Poemas suyos se han traducido al chino, al inglés, al italiano y al ruso.
***
Recuerdo haberle visto varias veces por las calles de Cuenca, dando su cotidiano paseo
vespertino. Era un hombre ligeramente obe­so y ya casi centenario. Llevaba siempre una teja
de anchas alas y se ceñía la cintura con la roja faja de obispo. Le acompañaba en sus paseos
un joven y delgado familiar. Se reía muy pocas veces el viejo prelado y cuando yo me lo
encontraba en los alrededores de la ciu­dad, advertía en su rostro una vaga expresión doliente,
como de quien sabe que está contemplando por última vez los dulces campos de la tierra.

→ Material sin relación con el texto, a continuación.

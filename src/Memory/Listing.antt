-- ===== src/Memory/Listing.antt =====
-- What NormativePages and ChangedPages list.
use jardin.Base.{
  String, ◌<>◌, ◌≤◌, Bool, true, false, not, ◌&&◌, Option, none, some, List, [], ◌∷◌, ◌++◌, ◌≡◌,
  ◌≢◌, refl, ◌∙◌, arith,
}
use jardin.Base.{
  ◌==◌, string_eq, contains, length, if◌then◌else◌, Option-cases, Bool-cases, inl, inr,
}
use jardin.Base.Dict
use jardin.Base.Dict.{Dict, NodupKeys, keys, lookup-insert, lookup-erase}
use jardin.Base.Text.{has_suffix}
use jardin.Memory.Frontmatter.{frontmatter}
use jardin.Memory.Ratify.{
  Standing, ratified, unratified, changed, missing_page, Ratification, Page, NormativePage, Wiki,
  done, Library, read_pins, read_page, pin_at, standing_of, checksum, describe, normative,
  insert_page, sort_pages, walked_pages, seen_keys, missing_pages, normative_pages, has_moved,
  changed_keys,
}

abbrev pub is_changed : Standing → Bool
is_changed ratified = false
is_changed unratified = false
is_changed changed = true
is_changed missing_page = false

-- What ChangedPages says of a page, from its pin.
abbrev moved_at : Library → Option String → Option Ratification → Bool
moved_at lib body none = false
moved_at lib body (some pin) = has_moved lib body pin

-- The entries of a listing with a path.
unfoldable pub entries_at : String → List NormativePage → List NormativePage
entries_at q [] = []
entries_at q (p ∷ ps) = let rest = entries_at q ps in if q == p.path then p ∷ rest else rest

-- What a listing says of a pinned page that it has not found.
abbrev pub lost_entry : String → Option Ratification → List NormativePage
lost_entry q none = []
lost_entry q (some pin) =
    (record { path = q; standing = missing_page; on = pin.date; machine = pin.machine }) ∷ []

module _ (lib : Library) where
  contains-changed_keys :
      (tree : Dict String Page) (pins : Dict String Ratification) (key : String)
      → NodupKeys pins
      → contains (changed_keys lib tree pins) key
        ≡ moved_at lib (read_page tree key) (Dict.lookup key pins)
  unfolding changed_keys Dict.lookup
  contains-changed_keys tree [] key u = refl
  contains-changed_keys tree ((k, pin) ∷ pins) key u =
      ground (arith, u.0, contains-changed_keys tree pins key u.1)

  -- For every page that can be read, ChangedPages marks it exactly where its standing is `changed`, if
  -- the pin store holds each page once and no pin has an empty checksum.
  changed_keys-standing :
      (tree : Dict String Page) (pins : Dict String Ratification) (key body : String)
      → NodupKeys pins
      → ((pin : Ratification) → Dict.lookup key pins ≡ some pin → pin.checksum ≢ "")
      → read_page tree key ≡ some body
      → contains (changed_keys lib tree pins) key
        ≡ is_changed (standing_of (pin_at pins key).checksum (checksum lib body))
  unfolding pin_at standing_of
  changed_keys-standing tree pins key body u full reads =
      elim (Option-cases (Dict.lookup key pins)) [
        | inl free ↦ ground (arith, contains-changed_keys tree pins key u, free, reads)
        | inr (pin, held) ↦
            ground (arith, contains-changed_keys tree pins key u, held, reads, full pin held)
      ]

  -- A Markdown file that can be read and whose frontmatter has the type `standard`.
  abbrev pub is_standard : String → Page → Bool
  is_standard q page =
      has_suffix q ".md"
      && (not page.locked && (frontmatter lib.trim_space page.bytes).0.kind == "standard")

  abbrev pub standing_by : String → String → Standing
  standing_by pinned bytes =
      if pinned == ""
      then unratified
      else if pinned == ("sha256:" <> lib.hash bytes)
      then ratified
      else changed

  -- What a listing says of a page that it has found.
  abbrev pub found_entry : String → String → Option Ratification → NormativePage
  found_entry q bytes none = record { path = q; standing = unratified; on = ""; machine = "" }
  found_entry q bytes (some pin) = record {
    path = q;
    standing = standing_by pin.checksum bytes;
    on = pin.date;
    machine = pin.machine;
  }

  -- The entries of a path, from the file that the tree has there and the pin of it.
  abbrev pub expected_entries : String → Option Page → Option Ratification → List NormativePage
  expected_entries q none pin = lost_entry q pin
  expected_entries q (some page) pin =
      if is_standard q page then found_entry q page.bytes pin ∷ [] else lost_entry q pin

  entries_at-insert_page :
      (p : NormativePage) (ps : List NormativePage) (q : String)
      → q == p.path ≡ false
      → entries_at q (insert_page p ps) ≡ entries_at q ps
  unfolding insert_page entries_at
  entries_at-insert_page p [] q other = ground (arith, other)
  entries_at-insert_page p (r ∷ ps) q other =
      ground (arith, other, entries_at-insert_page p ps q other)

  entries_at-insert_new :
      (p : NormativePage) (ps : List NormativePage) (q : String)
      → q == p.path ≡ true
      → entries_at q ps ≡ []
      → entries_at q (insert_page p ps) ≡ p ∷ []
  unfolding insert_page entries_at
  entries_at-insert_new p [] q same free = ground (arith, same)
  entries_at-insert_new p (r ∷ ps) q same free = elim (Bool-cases (q == r.path)) [
    | inl here ↦ absurd (ground (arith, here, free))
    | inr away ↦
        ground
          (arith, same, away, free, entries_at-insert_new p ps q same (ground (arith, away, free)))
  ]

  -- A list of one entry at most.
  abbrev IsSingle : List NormativePage → Type 0
  IsSingle ps = length ps ≤ 1

  entries_at-sort_pages :
      (ps : List NormativePage) (q : String)
      → IsSingle (entries_at q ps)
      → entries_at q (sort_pages ps) ≡ entries_at q ps
  unfolding sort_pages entries_at
  entries_at-sort_pages [] q one = refl
  entries_at-sort_pages (p ∷ ps) q one = elim (Bool-cases (q == p.path)) [
    | inr away ↦ ground (
      arith,
      away,
      one,
      entries_at-insert_page p (sort_pages ps) q away,
      entries_at-sort_pages ps q (ground (arith, away, one)),
    )
    | inl here ↦
        let free : entries_at q ps ≡ [] = empty (entries_at q ps) (ground (arith, here, one)) in
        ground (
          arith,
          here,
          free,
          entries_at-insert_new p (sort_pages ps) q here
              (entries_at-sort_pages ps q (ground (arith, free)) ∙ free),
        )
  ]
    where
      empty : (ps : List NormativePage) → length ps ≤ 0 → ps ≡ []
      empty [] h = refl
      empty (p ∷ ps) h = absurd (omega (arith, h))

  entries_at-append :
      (ps qs : List NormativePage) (q : String)
      → entries_at q (ps ++ qs) ≡ entries_at q ps ++ entries_at q qs
  unfolding entries_at
  entries_at-append [] qs q = refl
  entries_at-append (p ∷ ps) qs q = ground (arith, entries_at-append ps qs q)

  abbrev found_at : String → Option Page → Option Ratification → List NormativePage
  found_at q none pin = []
  found_at q (some page) pin = if is_standard q page then found_entry q page.bytes pin ∷ [] else []

  abbrev is_found : String → Option Page → Bool
  is_found q none = false
  is_found q (some page) = is_standard q page

  normative-lem : (q : String) (page : Page) → normative lib q page ≡ is_standard q page
  unfolding normative
  normative-lem q page = ground arith

  describe-path : (k : String) (pin : Ratification) (s : Standing) → (describe k pin s).path ≡ k
  unfolding describe
  describe-path k pin s = refl

  describe-found :
      (pins : Dict String Ratification) (q bytes : String)
      → describe q (pin_at pins q) (standing_of (pin_at pins q).checksum (checksum lib bytes))
        ≡ found_entry q bytes (Dict.lookup q pins)
  unfolding describe pin_at standing_of checksum
  describe-found pins q bytes = elim (Option-cases (Dict.lookup q pins)) [
    | inl free ↦ ground (arith, free)
    | inr (pin, held) ↦ ground (arith, held)
  ]

  entries_at-walked_pages :
      (pins : Dict String Ratification) (tree : Dict String Page) (q : String)
      → NodupKeys tree
      → entries_at q (walked_pages lib pins tree)
        ≡ found_at q (Dict.lookup q tree) (Dict.lookup q pins)
  unfolding walked_pages entries_at Dict.lookup
  entries_at-walked_pages pins [] q u = refl
  entries_at-walked_pages pins ((k, page) ∷ tree) q u =
      let rest = entries_at-walked_pages pins tree q u.1 in
      let path : (describe k (pin_at pins k)
            (standing_of (pin_at pins k).checksum (checksum lib page.bytes))).path
          ≡ k =
        describe-path k (pin_at pins k)
          (standing_of (pin_at pins k).checksum (checksum lib page.bytes)) in
      elim (Bool-cases (q == k)) [
        | inr away ↦ ground (arith, away, path, rest)
        | inl here ↦
            ground
              (arith, here, path, rest, u.0, describe-found pins q page.bytes, normative-lem q page)
      ]

  contains-seen_keys :
      (tree : Dict String Page) (q : String)
      → NodupKeys tree
      → contains (seen_keys lib tree) q ≡ is_found q (Dict.lookup q tree)
  unfolding seen_keys Dict.lookup
  contains-seen_keys [] q u = refl
  contains-seen_keys ((k, page) ∷ tree) q u =
      ground (arith, contains-seen_keys tree q u.1, u.0, normative-lem q page)

  entries_at-missing_pages :
      (seen : List String) (pins : Dict String Ratification) (q : String)
      → NodupKeys pins
      → entries_at q (missing_pages lib seen pins)
        ≡ (if contains seen q then [] else lost_entry q (Dict.lookup q pins))
  unfolding missing_pages entries_at describe Dict.lookup
  entries_at-missing_pages seen [] q u = ground arith
  entries_at-missing_pages seen ((k, pin) ∷ pins) q u =
      ground (arith, entries_at-missing_pages seen pins q u.1, u.0)

  -- The listing before it is sorted.
  entries_at-unsorted :
      (tree : Dict String Page) (pins : Dict String Ratification) (q : String)
      → NodupKeys tree
      → NodupKeys pins
      → entries_at q (walked_pages lib pins tree ++ missing_pages lib (seen_keys lib tree) pins)
        ≡ expected_entries q (Dict.lookup q tree) (Dict.lookup q pins)
  entries_at-unsorted tree pins q u v =
      entries_at-append (walked_pages lib pins tree) (missing_pages lib (seen_keys lib tree) pins) q
      ∙ joined (Dict.lookup q tree) (Dict.lookup q pins) (entries_at-walked_pages pins tree q u)
          (entries_at-missing_pages (seen_keys lib tree) pins q v) (contains-seen_keys tree q u)
    where
      joined :
          {as_ bs : List NormativePage} {seen : Bool} (page : Option Page)
          (pin : Option Ratification)
          → as_ ≡ found_at q page pin
          → bs ≡ (if seen then [] else lost_entry q pin)
          → seen ≡ is_found q page
          → as_ ++ bs ≡ expected_entries q page pin
      joined none pin e f g = ground (arith, e, f, g)
      joined (some page) pin e f g = ground (arith, e, f, g)

  expected_entries-single :
      (q : String) (page : Option Page) (pin : Option Ratification)
      → length (expected_entries q page pin) ≤ 1
  expected_entries-single q none none = omega arith
  expected_entries-single q none (some pin) = omega arith
  expected_entries-single q (some page) none = ground arith
  expected_entries-single q (some page) (some pin) = ground arith

  pub normative_pages-entries :
      (w : Wiki) (pins : Dict String Ratification) (q : String)
      → read_pins w.pins ≡ done pins
      → NodupKeys w.tree
      → NodupKeys pins
      → (pages : List NormativePage) × (normative_pages lib w ≡ done pages)
        × (entries_at q pages ≡ expected_entries q (Dict.lookup q w.tree) (Dict.lookup q pins))
  unfolding normative_pages
  normative_pages-entries w pins q e u v =
      let all = walked_pages lib pins w.tree ++ missing_pages lib (seen_keys lib w.tree) pins in
      let same = entries_at-unsorted w.tree pins q u v in
      let single = expected_entries-single q (Dict.lookup q w.tree) (Dict.lookup q pins) in
      (sort_pages all, ground (arith, e), entries_at-sort_pages all q (rw same single) ∙ same)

El
viejo prelado salía todas las tardes a despedirse de las cosas que más amaba, de las azules
montañas, del río joven y transparente que lame el ala sur de la villa, de las vocingleras
golondrinas, de los perritos vagabundos... El anciano caminaba con lentitud y tenía que
detenerse de trecho en trecho para que los chiquillos pudieran besar sus manos ya cansadas
de bendecir. Mirándole a los ojos, se podía ver la muerte que maduraba en su corazón como
una granada roja y a punto de reventar o como un árbol umbrío que ya era dueño de aquel
gastado cuerpo. Paseaba el obispo su muerte casi centenaria por las calles y las plazas de la
ciudad y cuando los chiquillos se le acercaban, yo le veía luchar contra ella, contra la inevitable
silenciosa, para poder alzar el brazo y bendecirlos. Y un buen día, las campanas de todas las
iglesias empezaron a lamentar el óbito del obispo. Su muerte derramóse como un aura por la
ciudad, se infiltró por las rendijas y por unos días la imagen del viejo prelado vivió
misteriosamente en todas las conciencias.